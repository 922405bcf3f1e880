-- ===== src/Net/Checksum/Verify.antt =====
-- The checksum of source/net.c, put into the header, makes the checksum of the header 0.
use nano_s.Prelude.{
  ℕ, ◌+◌, ◌*◌, ◌-◌, ◌/◌, ◌%◌, ◌≤◌, ◌<◌, ◌^◌, ◌≡◌, List, [], ◌∷◌, ◌++◌, arith, length, length-append,
}
use nano_s.Net.Checksum.{bswap_16, net_checksum_acc, net_checksum_final, net_checksum}

-- Whole words.
pub data IsWords : List ℕ → Type 0 where
  nil : IsWords []
  cons : {c d : ℕ} {words : List ℕ} → c < 256 → d < 256 → IsWords words → IsWords (c ∷ d ∷ words)

-- The sum is below the words' number times 2 ^ 16.
net_checksum_acc_lt :
    (words : List ℕ)
    → IsWords words
    → length words < 65536
    → net_checksum_acc words ≤ 32768 * length words
unfolding net_checksum_acc
net_checksum_acc_lt [] nil lt = omega arith
net_checksum_acc_lt (c ∷ []) w lt = elim w [ ]
net_checksum_acc_lt (c ∷ d ∷ words) (cons p q w) lt =
    omega (arith, net_checksum_acc_lt words w (omega arith))

pub append-IsWords : (front rest : List ℕ) → IsWords front → IsWords rest → IsWords (front ++ rest)
append-IsWords [] rest nil r = r
append-IsWords (a ∷ []) rest w r = elim w [ ]
append-IsWords (a ∷ b ∷ front) rest (cons p q f) r = cons p q (append-IsWords front rest f r)

-- A word in the middle adds to the sum.
net_checksum_acc-insert :
    (front rest : List ℕ) (c d : ℕ)
    → IsWords front
    → IsWords rest
    → c < 256
    → d < 256
    → length front + length rest < 65530
    → net_checksum_acc (front ++ (c ∷ d ∷ rest))
      ≡ net_checksum_acc (front ++ (0 ∷ 0 ∷ rest)) + (c + 256 * d)
unfolding net_checksum_acc
net_checksum_acc-insert [] rest c d nil r p q lt =
    omega (arith, net_checksum_acc_lt rest r (omega arith))
net_checksum_acc-insert (a ∷ []) rest c d w r p q lt = elim w [ ]
net_checksum_acc-insert (a ∷ b ∷ front) rest c d (cons x y f) r p q lt =
    let zero_words = append-IsWords front (0 ∷ 0 ∷ rest) f (cons (omega arith) (omega arith) r) in
    let count = length-append front (0 ∷ 0 ∷ rest) in
    let small = net_checksum_acc_lt (front ++ (0 ∷ 0 ∷ rest)) zero_words (omega (arith, count)) in
    omega (arith, net_checksum_acc-insert front rest c d f r p q (omega arith), small, count)

-- The word that is stored is the complement of the folded sum.
bswap_16-net_checksum_final :
    (sum : ℕ)
    → sum % 65536 + sum / 65536 < 65536
    → bswap_16 (net_checksum_final sum) ≡ 65535 - (sum % 65536 + sum / 65536)
unfolding net_checksum_final
bswap_16-net_checksum_final sum h = omega arith

final-zero :
    (sum : ℕ)
    → sum % 65536 + sum / 65536 < 65536
    → sum < 2 ^ 32 - 65536
    → net_checksum_final (sum + (65535 - (sum % 65536 + sum / 65536))) ≡ 0
unfolding net_checksum_final
final-zero sum h lt = omega arith

-- A header of whole words, less than 65530 bytes, gets the checksum, with its bytes swapped, where a
-- 0 stood: then its checksum is 0, as the receiver tests. The one folding of the sum of the header
-- must have left no further carry.
pub net_checksum-verifies :
    (front rest : List ℕ)
    → IsWords front
    → IsWords rest
    → length front + length rest < 65530
    → let sum = net_checksum_acc (front ++ (0 ∷ 0 ∷ rest)) in
      sum % 65536 + sum / 65536 < 65536
      → let word = bswap_16 (net_checksum (front ++ (0 ∷ 0 ∷ rest))) in
        net_checksum (front ++ (word % 256 ∷ word / 256 ∷ rest)) ≡ 0
unfolding net_checksum
net_checksum-verifies front rest f r lt carry =
    let sum = net_checksum_acc (front ++ (0 ∷ 0 ∷ rest)) in
    let word = bswap_16 (net_checksum_final sum) in
    let value = bswap_16-net_checksum_final sum carry in
    let byte : word < 65536 = omega (arith, value) in
    let zero_words = append-IsWords front (0 ∷ 0 ∷ rest) f (cons (omega arith) (omega arith) r) in
    let count = length-append front (0 ∷ 0 ∷ rest) in
    let small = net_checksum_acc_lt (front ++ (0 ∷ 0 ∷ rest)) zero_words (omega (arith, count)) in
    let inserted =
      net_checksum_acc-insert front rest (word % 256) (word / 256) f r (omega arith) (omega arith)
        lt in
    let whole : word % 256 + 256 * (word / 256) ≡ 65535 - (sum % 65536 + sum / 65536) =
      omega (arith, value) in
    rw (inserted, whole) (final-zero sum carry (omega (arith, small, count)))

★ ★ ★ ★ ★ ★ ★

What to work on: From the data above, output exactly the lines between the one containing "omega (arith, net_checksum_acc-insert" and the one containing "2 ^ 32 - 65536", counting both of them.

Expected output:
    omega (arith, net_checksum_acc-insert front rest c d f r p q (omega arith), small, count)

-- The word that is stored is the complement of the folded sum.
bswap_16-net_checksum_final :
    (sum : ℕ)
    → sum % 65536 + sum / 65536 < 65536
    → bswap_16 (net_checksum_final sum) ≡ 65535 - (sum % 65536 + sum / 65536)
unfolding net_checksum_final
bswap_16-net_checksum_final sum h = omega arith

final-zero :
    (sum : ℕ)
    → sum % 65536 + sum / 65536 < 65536
    → sum < 2 ^ 32 - 65536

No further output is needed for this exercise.